* **MATERIAL FOR THIS TASK**
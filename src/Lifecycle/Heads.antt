-- ===== src/Lifecycle/Heads.antt =====
-- src/record/lifecycle/graph.rs: `validate_linear_graph` says of each linear record that it shares
-- its target with no other and that its type's heads have distinct keys.
use mathlib.Core.Option.{some-injective}
use equill.Base.{
  ℕ, String, ◌≡◌, refl, sym, ap, ◌∙◌, inl, inr, Bool, true, false, ◌&&◌, some, List, [], ◌∷◌, ◌==◌,
  nat_eq, string_eq, any, filter, lookup, All, arith, eq_iff, Bool-cases,
}
use equill.Kernel.Error.{ok, refuse, >>=-eq-ok, >>-eq-ok, ok-injective, refuse-eq-ok, ok_or-eq-ok}
use equill.Json.{Json}
use equill.Record.{StoredRecord, TypeDefinition}
use equill.Lifecycle.Rules.{linear_type, eligible}
use equill.Lifecycle.Ledger.{Rows}
use equill.Lifecycle.Graph.{
  index, shared_target, unique_keys, counted, checked_before, check_linear_record, check_if_linear,
  linear_loop,
}

module _ (j : Json) where
  open j use {Value, to_string}

  abbrev pub Defs : Type 0
  Defs = List (String × TypeDefinition Value)

  -- the heads that `r`'s type counts have distinct keys
  abbrev pub Distinct : Rows j → List ℕ → StoredRecord Value → TypeDefinition Value → Type 0
  Distinct rs ch r d = unique_keys j d [] (filter (counted j ch r d) rs) ≡ ok tt

  -- what the loop asks of one record
  abbrev pub Linear : Rows j → Defs → List ℕ → StoredRecord Value → Type 0
  Linear rs m ch r =
      (d : TypeDefinition Value) × (lookup r.type_name m ≡ some d)
      × (linear_type j d ≡ true → (shared_target j ch r.supersedes ≡ false) × Distinct rs ch r d)

  -- what the pairs that need no second look stand for
  abbrev pub Known : Rows j → Defs → List ℕ → List (String × String) → Type 0
  Known rs m ch checked =
      (r : StoredRecord Value) (d : TypeDefinition Value)
      → checked_before j checked r ≡ true
      → lookup r.type_name m ≡ some d
      → Distinct rs ch r d

  pub nothing-Known : (rs : Rows j) (m : Defs) (ch : List ℕ) → Known rs m ch []
  unfolding checked_before any
  nothing-Known rs m ch r d h l = absurd (ground arith)

  -- Whom a type counts depends on the namespace and the type alone.
  counted-same :
      (ch : List ℕ) (r s x : StoredRecord Value) (d : TypeDefinition Value)
      → r.namespace ≡ s.namespace
      → r.type_name ≡ s.type_name
      → counted j ch r d x ≡ counted j ch s d x
  unfolding counted eligible
  counted-same ch r s x d n t = rw (n, t) refl

  filter-same :
      {A : Type 0} (p q : A → Bool) (xs : List A)
      → ((x : A) → p x ≡ q x)
      → filter p xs ≡ filter q xs
  unfolding filter
  filter-same p q [] h = refl
  filter-same p q (x ∷ xs) h = rw (h x, filter-same p q xs h) refl

  Distinct-same :
      (rs : Rows j) (ch : List ℕ) (r s : StoredRecord Value) (d : TypeDefinition Value)
      → r.namespace ≡ s.namespace
      → r.type_name ≡ s.type_name
      → Distinct rs ch r d
      → Distinct rs ch s d
  Distinct-same rs ch r s d n t u =
      rw (← filter-same (counted j ch r d) (counted j ch s d) rs (λ x. counted-same ch r s x d n t))
        u

  Known-add :
      (rs : Rows j) (m : Defs) (ch : List ℕ) (checked : List (String × String))
      (r : StoredRecord Value) (d : TypeDefinition Value)
      → lookup r.type_name m ≡ some d
      → Distinct rs ch r d
      → Known rs m ch checked
      → Known rs m ch ((r.namespace, r.type_name) ∷ checked)
  unfolding checked_before any
  Known-add rs m ch checked r d l u known s e h l' =
      elim (Bool-cases (r.namespace == s.namespace && r.type_name == s.type_name)) [
        | inl p ↦
            let n : r.namespace ≡ s.namespace = ground (arith, p, eq_iff r.namespace s.namespace) in
            let t : r.type_name ≡ s.type_name = ground (arith, p, eq_iff r.type_name s.type_name) in
            let same : d ≡ e =
              some-injective d e (sym l ∙ ap (λ (x : String). lookup x m) t ∙ l') in
            rw (← same) (Distinct-same rs ch r s d n t u)
        | inr p ↦ known s e (rw p at h) l'
      ]

  check_linear_record-Distinct :
      (rs : Rows j) (m : Defs) (ch : List ℕ) (checked : List (String × String))
      (r : StoredRecord Value) (d : TypeDefinition Value)
      → lookup r.type_name m ≡ some d
      → Known rs m ch checked
      → check_linear_record j rs ch checked r d ≡ ok tt
      → (shared_target j ch r.supersedes ≡ false) × Distinct rs ch r d
  unfolding check_linear_record
  check_linear_record-Distinct rs m ch checked r d l known h =
      let (alone, rest) = >>-eq-ok (refuse (shared_target j ch r.supersedes) _) _ h in
      (
        refuse-eq-ok _ _ alone,
        elim (Bool-cases (checked_before j checked r)) [
          | inl p ↦ known r d p l
          | inr p ↦ rw p at rest
        ],
      )

  Linear-check_linear_record :
      (rs : Rows j) (ch : List ℕ) (checked : List (String × String)) (r : StoredRecord Value)
      (d : TypeDefinition Value)
      → (shared_target j ch r.supersedes ≡ false) × Distinct rs ch r d
      → check_linear_record j rs ch checked r d ≡ ok tt
  unfolding check_linear_record
  Linear-check_linear_record rs ch checked r d (alone, distinct) =
      rw alone (elim (Bool-cases (checked_before j checked r)) [
        | inl p ↦ rw p refl
        | inr p ↦ rw p distinct
      ])

  pub linear_loop-Linear :
      (rs : Rows j) (m : Defs) (ch : List ℕ) (checked : List (String × String)) (more : Rows j)
      → Known rs m ch checked
      → linear_loop j rs m ch checked more ≡ ok tt
      → All (Linear rs m ch) more
  unfolding linear_loop
  linear_loop-Linear rs m ch checked [] known h = tt
  linear_loop-Linear rs m ch checked (r ∷ more) known h =
      let (d, found, rest) = >>=-eq-ok (index (lookup r.type_name m)) _ h in
      let held = ok_or-eq-ok _ _ found in
      elim (Bool-cases (linear_type j d)) [
        | inl p ↦
            let (checked', one, rest') =
              >>=-eq-ok (check_if_linear j rs ch checked r d true) _ (rw p at rest) in
            let (pass, next) = >>-eq-ok (check_linear_record j rs ch checked r d) _ one in
            let facts = check_linear_record-Distinct rs m ch checked r d held known pass in
            (
              (d, held, λ _. facts),
              linear_loop-Linear rs m ch ((r.namespace, r.type_name) ∷ checked) more
                  (Known-add rs m ch checked r d held facts.1 known)
                  (rw (← ok-injective next) at rest'),
            )
        | inr p ↦ (
          (d, held, λ q. let bad = sym q ∙ p in cc),
          linear_loop-Linear rs m ch checked more known (rw p at rest),
        )
      ]

  pub Linear-linear_loop :
      (rs : Rows j) (m : Defs) (ch : List ℕ) (checked : List (String × String)) (more : Rows j)
      → All (Linear rs m ch) more
      → linear_loop j rs m ch checked more ≡ ok tt
  unfolding linear_loop
  Linear-linear_loop rs m ch checked [] a = refl
  Linear-linear_loop rs m ch checked (r ∷ more) ((d, held, facts), a) =
      rw held (elim (Bool-cases (linear_type j d)) [
        | inl p ↦
            rw (p, Linear-check_linear_record rs ch checked r d (facts p))
              (Linear-linear_loop rs m ch ((r.namespace, r.type_name) ∷ checked) more a)
        | inr p ↦ rw p (Linear-linear_loop rs m ch checked more a)
      ])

* **DIRECTIONS FOR THIS TASK**
Look through the data above for the string "alone" and copy every line where it appears.

* **EXERCISE RESPONSE**
  -- Whom a type counts depends on the namespace and the type alone.
      let (alone, rest) = >>-eq-ok (refuse (shared_target j ch r.supersedes) _) _ h in
        refuse-eq-ok _ _ alone,
  Linear-check_linear_record rs ch checked r d (alone, distinct) =
      rw alone (elim (Bool-cases (checked_before j checked r)) [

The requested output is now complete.